Secrets Left to Post: 04 pages, 097 secrets from Secret Submission Post #449.
Secrets Not Posted: [ 0 - broken links ], [ 0 - not!secrets ], [ 0 - not!fandom ], [ 0 - too big ], [ 0 - repeat ].
Current Secret Submissions Post: here.
Suggestions, comments, and concerns should go here.

(Anonymous) 2015-08-09 08:51 am (UTC)(link)
Regarding the "society having repressed and messed up expectations of sex"...

Yep, for a long time I technically fit the definition of asexual, but it never felt right. It turns out I had internalized a lot of messed up and contradicting expectations about sex.

- I internalized a "sex = bad" message from a very young age. I was eventually able to be more accepting of other people being sexual, but not myself.

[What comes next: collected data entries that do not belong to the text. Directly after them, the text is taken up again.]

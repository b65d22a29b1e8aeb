-- ===== src/Schema/Merge/Tables.antt =====
-- What the loops of the merge keep of each table.
use mathlib.Core.Option
use dirbase.Prelude.{
  String, true, Option, none, some, List, [], ◌∷◌, ◌≡◌, inl, inr, refl, ap, ◌∙◌, Bool-cases, str_eq,
  eq_iff, or_else, unwrap_or, arith,
}
use dirbase.BTreeMap
use dirbase.BTreeMap.{BTreeMap, HasDistinctKeys, get-insert}
use dirbase.BTreeMap.Parts.{get-insert-part}
use dirbase.Runtime.{Runtime}
use dirbase.Schema.Types.{
  TableKind, ForeignKey, TableSchema, Schema, DeclaredTableSchema, DeclaredSchema,
}
use dirbase.Schema.Relations.{build_table_aliases}
use dirbase.Schema.Relations.ManyToMany.Kept.{shape}
use dirbase.Schema.Merge.{
  insert_all, overlay_table, overlay_tables, default_table, set_relations, relate_table,
  relate_tables, declared_tables, merged_tables,
}

module _ {ℓ} {V : Type ℓ} where
  absent_at :
      (m : BTreeMap V) (key j : String)
      → str_eq key j ≡ true
      → BTreeMap.get m key ≡ none
      → BTreeMap.get m j ≡ none
  absent_at m key j same h = ground (arith, eq_iff key j)

  -- The inserted entries win, and the others stay.
  pub get-insert_all :
      (new old : BTreeMap V) (j : String)
      → HasDistinctKeys new
      → BTreeMap.get (insert_all new old) j ≡ or_else (BTreeMap.get new j) (BTreeMap.get old j)
  unfolding insert_all BTreeMap.get
  get-insert_all [] old j h = refl
  get-insert_all ((key, value) ∷ new) old j h =
      get-insert_all new (BTreeMap.insert old key value) j h.1 ∙ (elim (Bool-cases (str_eq key j)) [
        | inl same ↦ simp (get-insert, same, absent_at new key j same h.0)
        | inr other ↦ simp (get-insert, other)
      ])

module _ ⦃rt : Runtime⦄ where
  -- The table of a name after the first loop.
  unfoldable pub overlaid : Option DeclaredTableSchema → Option TableSchema → Option TableSchema
  overlaid none found = found
  overlaid (some declared_table) found =
      some (overlay_table declared_table (unwrap_or found default_table))

  undeclared_at :
      (declared : BTreeMap DeclaredTableSchema) (name t : String) (found : Option TableSchema)
      → str_eq name t ≡ true
      → BTreeMap.get declared name ≡ none
      → overlaid (BTreeMap.get declared t) found ≡ found
  unfolding overlaid
  undeclared_at declared name t found same h =
      ap (λ d. overlaid d found) (absent_at declared name t same h)

  pub get-overlay_tables :
      (declared : BTreeMap DeclaredTableSchema) (tables : BTreeMap TableSchema) (t : String)
      → HasDistinctKeys declared
      → BTreeMap.get (overlay_tables declared tables) t
        ≡ overlaid (BTreeMap.get declared t) (BTreeMap.get tables t)
  unfolding overlay_tables overlaid BTreeMap.get
  get-overlay_tables [] tables t h = refl
  get-overlay_tables ((name, declared_table) ∷ declared) tables t h =
      get-overlay_tables declared _ t h.1 ∙ (elim (Bool-cases (str_eq name t)) [
        | inl same ↦
            rw
              (
                get-insert tables name t (
                    overlay_table declared_table
                      (unwrap_or (BTreeMap.get tables name) default_table)),
                same,
              )
              (undeclared_at declared name t _ same h.0
                ∙ ap
                    (λ k. some (
                      overlay_table declared_table
                        (unwrap_or (BTreeMap.get tables k) default_table)))
                    ((eq_iff name t).0 same))
        | inr other ↦
            rw
              (
                get-insert tables name t (
                    overlay_table declared_table
                      (unwrap_or (BTreeMap.get tables name) default_table)),
                other,
              )
              refl
      ])

  shape-set_relations :
      (name : String) (tables : BTreeMap TableSchema) (foreign_keys : BTreeMap ForeignKey)
      (kind : TableKind) (found : Option TableSchema) (t : String)
      → BTreeMap.get tables name ≡ found
      → Option.map shape (BTreeMap.get (set_relations name tables foreign_keys kind found) t)
        ≡ Option.map shape (BTreeMap.get tables t)
  unfolding set_relations
  shape-set_relations name tables foreign_keys kind none t h = refl
  shape-set_relations name tables foreign_keys kind (some table) t h =
      get-insert-part shape tables name table _ t h refl

  pub shape-relate_table :
      (name : String) (tables : BTreeMap TableSchema) (aliases : BTreeMap String)
      (declared_table : Option DeclaredTableSchema) (t : String)
      → Option.map shape (BTreeMap.get (relate_table name tables aliases declared_table) t)
        ≡ Option.map shape (BTreeMap.get tables t)
  unfolding relate_table
  shape-relate_table name tables aliases declared_table t =
      shape-set_relations name tables _ _ (BTreeMap.get tables name) t refl

  shape-relate_tables :
      (names : List String) (tables : BTreeMap TableSchema) (aliases : BTreeMap String)
      (declared : BTreeMap DeclaredTableSchema) (t : String)
      → Option.map shape (BTreeMap.get (relate_tables names tables aliases declared) t)
        ≡ Option.map shape (BTreeMap.get tables t)
  unfolding relate_tables
  shape-relate_tables [] tables aliases declared t = refl
  shape-relate_tables (name ∷ names) tables aliases declared t =
      shape-relate_tables names _ aliases declared t
      ∙ shape-relate_table name tables aliases (BTreeMap.get declared name) t

  -- Before the relations are added, each table has the declared columns and key over the inferred.
  pub shape-merged_tables :
      (declared : Option DeclaredSchema) (inferred : Schema) (t : String)
      → HasDistinctKeys (declared_tables declared)
      → Option.map shape (BTreeMap.get (merged_tables declared inferred) t)
        ≡ Option.map shape
            (overlaid (BTreeMap.get (declared_tables declared) t) (BTreeMap.get inferred.tables t))
  unfolding merged_tables
  shape-merged_tables declared inferred t h =
      let tables = overlay_tables (declared_tables declared) inferred.tables in
      shape-relate_tables (BTreeMap.keys tables) tables (build_table_aliases tables)
        (declared_tables declared) t
      ∙ ap (Option.map shape) (get-overlay_tables (declared_tables declared) inferred.tables t h)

- In my mind, sexually desiring someone without permission was a "rude" act even if they didn't know about it. I'd seen so much rhetoric (mostly feminist in nature) about how being into someone sexually, mentally undressing them, etc. was so disrespectful and dehumanizing for them that I would never ever do it.

- At the same time, with all the sex positive rhetoric, I also felt like I "should" enjoy sex. Everybody enjoys sex! It's fun! But then when I would have sex with someone I wasn't very attracted to, and didn't really enjoy it, it would be like, "Well, I must be weird then." I never realized that people don't just magically love sex -- people develop associations with sex, and I was developing negative ones by engaging in meh sex I didn't 100% want (because I still viewed it as somewhat degrading or wrong) because I felt like it was expected of me.

- I also internalized this idea that other people want sex ALL the time. So if I didn't want sex I was disappointing them. Bad misconception to have.